= Australian Federation of Employers and Industries =

Employers organization in Australia

The Australian Federation of Employers and Industries (AFEI) is an independent peak employers group - one of the oldest business advisory organisations in Australia. AFEI has been a major party in running almost every major test case in the NSW industrial jurisdiction. AFEI is a major contributor to the formulation of employer policy and is actively involved in all major workplace relations issues affecting Australian businesses.

==History==
AFEI was founded in 1903 as the Employers' Federation of NSW. It later became a national organisation and was renamed Employers First, changing to the Australian Federation of Employers and Industries in 2008.
AFEI is a not-for-profit organisation with over 3,500 members and more than 60 affiliated industry associations.

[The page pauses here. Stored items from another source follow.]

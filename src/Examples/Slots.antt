-- ===== src/Examples/Slots.antt =====
-- A slot with two client ids, before a TWS that accepts, refuses, or has every id taken.
use Prim.Native.Nat.{◌^◌}
use bifrost_platform_plugin.Prelude.{
  ℕ, ◌+◌, ◌*◌, ◌<◌, ◌≡◌, ◌≢◌, ◌⊎◌, refl, [], ◌∷◌, true, false, none, some, pos, arith, min,
}
use bifrost_platform_plugin.Text.{txt, lower, lower_char, contains, starts_with}
use bifrost_platform_plugin.Float.{fin, zero_f}
use bifrost_platform_plugin.Connection.{
  connected, disconnected, list_accounts, TwsError, Tws, TwsSlotConfig, SlotConnection, Slot,
  new_slot, session_up, attempt, connect, enter_maintenance, reconnect_loop,
}
use bifrost_platform_plugin.Connection.Connect.{connect_settles}
use bifrost_platform_plugin.Connection.Reach.{Reach, here, next, dialled, entered}
use bifrost_platform_plugin.Connection.Automaton.{Run, down}
use bifrost_platform_plugin.Connection.Phases.{phase_of, acts_of, Reach-Run}
use bifrost_platform_plugin.Connection.Failover.{
  next_index, stale_error_rotates, Conflicts, all_conflicts_cycle,
}
use bifrost_platform_plugin.Connection.Backoff.{RefusesAll, IsDown, backoff_doubles}

-- The world counts the sessions.
abbrev pub accepting : Tws ℕ
accepting = record {
  open_session = λ w. (w, w + 1);
  connect_async = λ ib ip port cid w. ([], none, w);
  is_connected = λ ib w. true;
  managed = λ ib w. some (list_accounts (txt "U123" ∷ []));
  hang_up = λ ib w. w;
  current_time = λ ib w. (true, w);
  pause = λ ms w. ([], w);
  now = λ w. fin (pos w);
}

abbrev refusing : Tws ℕ
refusing = record accepting {
  connect_async = λ ib ip port cid w. ([], some (txt "refused"), w);
  is_connected = λ ib w. false;
}

abbrev timing_out : Tws ℕ
timing_out = record accepting {
  connect_async = λ ib ip port cid w. ([], some [], w);
  is_connected = λ ib w. false;
}

abbrev taken : TwsError
taken = record { req_id = pos 0; code = 326; msg = txt "client id is in use" }

abbrev pub conflicting : Tws ℕ
conflicting = record accepting {
  connect_async = λ ib ip port cid w. (taken ∷ [], some (txt "closed"), w);
  is_connected = λ ib w. false;
}

abbrev pub host_cfg : TwsSlotConfig
host_cfg = record {
  slot = txt "host";
  account_id = txt "U123";
  ip = txt "10.0.0.1";
  port = pos 7496;
  client_ids = pos 70 ∷ pos 71 ∷ [];
  has_market_data = true;
}

abbrev pub fresh_conn : SlotConnection
fresh_conn = record {
  state = disconnected;
  current_cid_index = 0;
  ib = none;
  last_message_at = zero_f;
  reconnects = 0;
  last_error = none;
  in_maintenance = false;
}

abbrev fresh : Slot ℕ
fresh = record { conn = fresh_conn; world = 0 }

connect_settles_example :
    (((connect accepting host_cfg fresh).0 ≡ true)
        × ((connect accepting host_cfg fresh).1.conn.state ≡ connected)
        × ((connect accepting host_cfg fresh).1.conn.ib ≢ none)
      ⊎ ((connect accepting host_cfg fresh).0 ≡ false)
        × ((connect accepting host_cfg fresh).1.conn.state ≡ disconnected)
        × ((connect accepting host_cfg fresh).1.conn.ib ≡ none))
    × ((connect accepting host_cfg fresh).1.conn.current_cid_index < 2)
    × ((connect accepting host_cfg fresh).1.conn.in_maintenance ≡ false)
connect_settles_example = connect_settles accepting host_cfg fresh refl (omega arith)

-- Connect, enter maintenance, try again, leave it, and check the session.
abbrev at_start : Slot ℕ
at_start = record { conn = new_slot; world = 0 }

abbrev dialled_once : Slot ℕ
dialled_once = (connect accepting host_cfg at_start).1

abbrev maintained : Slot ℕ
maintained = record dialled_once { conn = enter_maintenance dialled_once.conn }

abbrev dialled_again : Slot ℕ
dialled_again = (connect accepting host_cfg maintained).1

a_history : Reach accepting host_cfg at_start dialled_again
a_history = next (next (next here dialled) entered) dialled

abbrev blamed : Slot ℕ
blamed = record {
  conn = record fresh_conn { last_error = some (txt "Error 326, reqId 0: in use") };
  world = 0;
}

looks_taken : contains (txt "326") (lower (txt "Error 326, reqId 0: in use")) ≡ true
unfolding contains starts_with lower lower_char
looks_taken = refl

stale_error_rotates_example :
    (attempt timing_out host_cfg (pos 70) blamed).1.conn.current_cid_index
    ≡ next_index timing_out host_cfg 0
stale_error_rotates_example =
    stale_error_rotates timing_out host_cfg (pos 70) b'E' (txt "rror 326, reqId 0: in use") blamed 1
      refl looks_taken refl

all_taken : Conflicts conflicting host_cfg
all_taken ib ip port cid w = (taken, [], refl, refl)

fresh_down : session_up conflicting host_cfg none 0 ≡ false
unfolding session_up
fresh_down = refl

all_conflicts_cycle_example :
    ((connect conflicting host_cfg fresh).0 ≡ false)
    × ((connect conflicting host_cfg fresh).1.conn.current_cid_index ≡ 0)
all_conflicts_cycle_example =
    all_conflicts_cycle conflicting host_cfg fresh all_taken refl fresh_down (omega arith)

refuses : RefusesAll refusing
refuses ib ip port cid w = (txt "refused", refl)

fresh_IsDown : IsDown host_cfg fresh_conn
fresh_IsDown = record { state = refl; no_session = refl; flag = refl; in_range = omega arith }

backoff_doubles_example :
    (reconnect_loop refusing host_cfg (λ w. false) 3 1000 30000 1000 fresh).0
    ≡ min (1000 * 2 ^ 3) 30000
backoff_doubles_example =
    backoff_doubles refusing host_cfg 1000 30000 (λ w. false) 3 fresh (omega arith) (λ w. refl)
      refuses fresh_IsDown

Reach-Run_example : Run (acts_of accepting host_cfg a_history) down (phase_of dialled_again.conn)
Reach-Run_example = Reach-Run accepting host_cfg (omega arith) a_history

Its main role is to advise, represent and assist employers in meeting their obligations relating to workplace relations, to assist them with human resources management, to provide OHS and other relevant training and, importantly, to seek appropriate regulation from government. Membership extends across employers of all sizes and a wide diversity of industries. Garry Brack is CEO of AFEI.

==Publications==
- 2008 Submission to the Productivity Commission's Inquiry into paid maternity, paternity and parental leave.
- 2008 Minimum Wage Review and NSW State Wage Case
- 2006 Submission to the Stein Inquiry into the NSW Occupational Health and Safety legislation
- 2005 Submission to the Review of the Occupation Health and Safety Act.